* **Given records**:
-- ===== src/Pmm/Update.antt =====
-- Changes of the bitmap, seen frame by frame, and the number of used frames.
use bare_metal_programming.Prelude.{
  ℕ, zero, suc, ◌+◌, ◌-◌, ◌*◌, ◌/◌, ◌%◌, ◌^◌, ◌≤◌, ◌<◌, ◌≡◌, ◌⊎◌, inl, inr, refl, ◌∙◌, ap, arith,
  min, ltb, leb, ◌==◌, if◌then◌else◌, Bool, true, false, Bool-cases, length, get_or-set_self,
  get_or-set_ne, set-beyond, length-set, test_bit, test_bit-ones, zero-test_bit,
}
use bare_metal_programming.Pmm.Geometry.{Bitmap, load_8, store_8}
use bare_metal_programming.Pmm.View.{frame_used, AllBytes}
use bare_metal_programming.Pmm.Fill.{SetBits, all_zeros, all_ones}
use bare_metal_programming.Pmm.Fill.Laws.{Filled, byte_of}

-- The frames from `lo` up to `hi` are in the state `used`; no other frame has changed.
pub record Changed (used : Bool) (lo hi : ℕ) (b b' : Bitmap) : Type 0 where
  pub same_start : b'.start ≡ b.start
  pub same_limit : b'.limit ≡ b.limit
  pub same_length : length b'.cells ≡ length b.cells
  pub bytes : AllBytes b'
  pub inside : (f : ℕ) → lo ≤ f → f < hi → frame_used b' f ≡ used
  pub outside : (f : ℕ) → (f < lo) ⊎ (hi ≤ f) → frame_used b' f ≡ frame_used b f

-- One byte written.
pub load_8-store_8 :
    (b : Bitmap) (i p v : ℕ)
    → i < length b.cells
    → b.start ≤ p
    → load_8 (store_8 b (b.start + i) v) p ≡ (if p == b.start + i then v else load_8 b p)
load_8-store_8 b i p v h above = elim (Bool-cases (p == b.start + i)) [
  | inl here ↦
      let same : p - b.start ≡ b.start + i - b.start = ground arith in
      rw (here, same) (get_or-set_self b.cells (b.start + i - b.start) v 0 (omega arith))
  | inr away ↦
      rw away (get_or-set_ne b.cells (b.start + i - b.start) (p - b.start) v 0 (ground arith))
]

pub AllBytes-store_8 : (b : Bitmap) (p v : ℕ) → AllBytes b → v < 2 ^ 8 → AllBytes (store_8 b p v)
AllBytes-store_8 b p v bytes h q = elim (Bool-cases (q - b.start == p - b.start)) [
  | inl here ↦ elim (Bool-cases (ltb (p - b.start) (length b.cells))) [
    | inl within ↦
        let same : q - b.start ≡ p - b.start = ground arith in
        rw (same, get_or-set_self b.cells (p - b.start) v 0 (ground arith)) h
    | inr beyond ↦ rw (set-beyond b.cells (p - b.start) v (ground arith)) (bytes q)
  ]
  | inr away ↦ rw (get_or-set_ne b.cells (p - b.start) (q - b.start) v 0 (ground arith)) (bytes q)
]

pub store_8-frame_used :
    (b : Bitmap) (i v f : ℕ)
    → i < length b.cells
    → frame_used (store_8 b (b.start + i) v) f
      ≡ (if f / 8 == i then test_bit v (f % 8) else frame_used b f)
store_8-frame_used b i v f h =
    rw (load_8-store_8 b i (b.start + f / 8) v h (omega arith)) (elim (Bool-cases (f / 8 == i)) [
      | inl here ↦
          let at : (b.start + f / 8 == b.start + i) ≡ true = ground arith in rw (here, at) refl
      | inr away ↦
          let at : (b.start + f / 8 == b.start + i) ≡ false = ground arith in rw (away, at) refl
    ])

-- A byte that holds the frames from `lo` up to `hi` of one change, written.
pub store_8-Changed :
    (used : Bool) (lo hi : ℕ) (b : Bitmap) (i v : ℕ)
    → AllBytes b
    → i < length b.cells
    → v < 2 ^ 8
    → 8 * i ≤ lo
    → hi ≤ 8 * i + 8
    → ((j : ℕ) → j < 8 → lo ≤ 8 * i + j → 8 * i + j < hi → test_bit v j ≡ used)
    → ((j : ℕ)
        → j < 8
        → (8 * i + j < lo) ⊎ (hi ≤ 8 * i + j)
        → test_bit v j ≡ test_bit (load_8 b (b.start + i)) j)
    → Changed used lo hi b (store_8 b (b.start + i) v)
store_8-Changed used lo hi b i v bytes within small from to inside outside = record {
  same_start = refl;
  same_limit = refl;
  same_length = length-set b.cells (b.start + i - b.start) v;
  bytes = AllBytes-store_8 b (b.start + i) v bytes small;
  inside = λ f p q.
      let here : (f / 8 == i) ≡ true = ground arith in
      let index : 8 * i + f % 8 ≡ f = ground arith in
      store_8-frame_used b i v f within
      ∙ rw here (inside (f % 8) (omega arith) (omega arith) (omega arith));
  outside = λ f o. store_8-frame_used b i v f within ∙ elim (Bool-cases (f / 8 == i)) [
    | inl here ↦
        let same : f / 8 ≡ i = ground arith in
        rw (here, same) (outside (f % 8) (omega arith) (omega arith))
    | inr away ↦ rw away refl
  ];
}

pub Changed-trans :
    (used : Bool) (lo mid hi : ℕ) (b b' b'' : Bitmap)
    → lo ≤ mid
    → mid ≤ hi
    → Changed used lo mid b b'
    → Changed used mid hi b' b''
    → Changed used lo hi b b''
Changed-trans used lo mid hi b b' b'' h k x y = record {
  same_start = y.same_start ∙ x.same_start;
  same_limit = y.same_limit ∙ x.same_limit;
  same_length = y.same_length ∙ x.same_length;
  bytes = y.bytes;
  inside = λ f p q. elim (Bool-cases (ltb f mid)) [
    | inl low ↦ y.outside f (inl (ground arith)) ∙ x.inside f p (ground arith)
    | inr high ↦ y.inside f (ground arith) q
  ];
  outside = λ f o. y.outside f (omega arith) ∙ x.outside f (omega arith);
}

-- The hint is no part of what a change is about.
pub Changed-hint :
    (used : Bool) (lo hi : ℕ) (b b' : Bitmap) (hint : ℕ)
    → Changed used lo hi b b'
    → Changed used lo hi b (record b' { search_begin = hint })
Changed-hint used lo hi b b' hint x = record {
  same_start = x.same_start;
  same_limit = x.same_limit;
  same_length = x.same_length;
  bytes = x.bytes;
  inside = x.inside;
  outside = x.outside;
}

abbrev pub state_of : SetBits → Bool
state_of all_zeros = false
state_of all_ones = true

byte_of-frames : (s : SetBits) (j : ℕ) → j < 8 → test_bit (byte_of s) j ≡ state_of s
byte_of-frames all_zeros j h = zero-test_bit j
byte_of-frames all_ones j h = test_bit-ones 8 j ∙ ground arith

byte_of-lt : (s : SetBits) → byte_of s < 2 ^ 8
byte_of-lt all_zeros = omega arith
byte_of-lt all_ones = omega arith

-- Whole bytes filled are whole stretches of frames changed.
pub Filled-Changed :
    (s : SetBits) (i j : ℕ) (b b' : Bitmap)
    → i ≤ j
    → AllBytes b
    → Filled s (b.start + i) (b.start + j) b b'
    → Changed (state_of s) (8 * i) (8 * j) b b'
Filled-Changed s i j b b' h bytes x = record {
  same_start = x.same_start;
  same_limit = x.same_limit;
  same_length = x.same_length;
  bytes = AllBytes_filled;
  inside = λ f p q.
      ap (λ p'. test_bit (load_8 b' (p' + f / 8)) (f % 8)) x.same_start
      ∙ ap (λ v. test_bit v (f % 8)) (x.inside (b.start + f / 8) (omega arith) (omega arith))
      ∙ byte_of-frames s (f % 8) (omega arith);
  outside = λ f o.
      ap (λ p'. test_bit (load_8 b' (p' + f / 8)) (f % 8)) x.same_start
      ∙ ap (λ v. test_bit v (f % 8)) (x.outside (b.start + f / 8) (omega arith) (omega arith));
}
  where
    at : (p : ℕ) → b.start ≤ p → load_8 b' p < 2 ^ 8
    at p above = elim (Bool-cases (leb (b.start + i) p)) [
      | inl from ↦ elim (Bool-cases (ltb p (b.start + j))) [
        | inl to ↦ rw (x.inside p (ground arith) (ground arith)) (byte_of-lt s)
        | inr past ↦ rw (x.outside p above (inr (ground arith))) (bytes p)
      ]
      | inr before ↦ rw (x.outside p above (inl (ground arith))) (bytes p)
    ]

    AllBytes_filled : AllBytes b'
    AllBytes_filled p =
        let same : p - b'.start ≡ b.start + (p - b'.start) - b'.start =
          omega (arith, x.same_start) in
        rw same (at (b.start + (p - b'.start)) (omega arith))

unfoldable pub count_used : (ℕ → Bool) → ℕ → ℕ
count_used used zero = 0
count_used used (suc n) = count_used used n + (if used n then 1 else 0)

pub count_used-le : (used : ℕ → Bool) (n : ℕ) → count_used used n ≤ n
unfolding count_used
count_used-le used zero = omega arith
count_used-le used (suc n) = ground (arith, count_used-le used n)

-- Marking free frames adds their number, and freeing used ones takes it away again.
pub count_used-mark :
    (used used' : ℕ → Bool) (lo hi n : ℕ)
    → lo ≤ hi
    → ((f : ℕ) → lo ≤ f → f < hi → (used f ≡ false) × (used' f ≡ true))
    → ((f : ℕ) → (f < lo) ⊎ (hi ≤ f) → used' f ≡ used f)
    → count_used used' n ≡ count_used used n + (min n hi - min n lo)
unfolding count_used
count_used-mark used used' lo hi zero h inside outside = omega arith
count_used-mark used used' lo hi (suc n) h inside outside =
    ground (arith, inside n, outside n, count_used-mark used used' lo hi n h inside outside)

* **Your assignment**:
Working from the records above, write out verbatim only the lines from the line containing "pub same_limit : b'.limit ≡ b.limit" through the line containing "pub AllBytes-store_8 : (b".

* **Expected answer**:
  pub same_limit : b'.limit ≡ b.limit
  pub same_length : length b'.cells ≡ length b.cells
  pub bytes : AllBytes b'
  pub inside : (f : ℕ) → lo ≤ f → f < hi → frame_used b' f ≡ used
  pub outside : (f : ℕ) → (f < lo) ⊎ (hi ≤ f) → frame_used b' f ≡ frame_used b f

-- One byte written.
pub load_8-store_8 :
    (b : Bitmap) (i p v : ℕ)
    → i < length b.cells
    → b.start ≤ p
    → load_8 (store_8 b (b.start + i) v) p ≡ (if p == b.start + i then v else load_8 b p)
load_8-store_8 b i p v h above = elim (Bool-cases (p == b.start + i)) [
  | inl here ↦
      let same : p - b.start ≡ b.start + i - b.start = ground arith in
      rw (here, same) (get_or-set_self b.cells (b.start + i - b.start) v 0 (omega arith))
  | inr away ↦
      rw away (get_or-set_ne b.cells (b.start + i - b.start) (p - b.start) v 0 (ground arith))
]

pub AllBytes-store_8 : (b : Bitmap) (p v : ℕ) → AllBytes b → v < 2 ^ 8 → AllBytes (store_8 b p v)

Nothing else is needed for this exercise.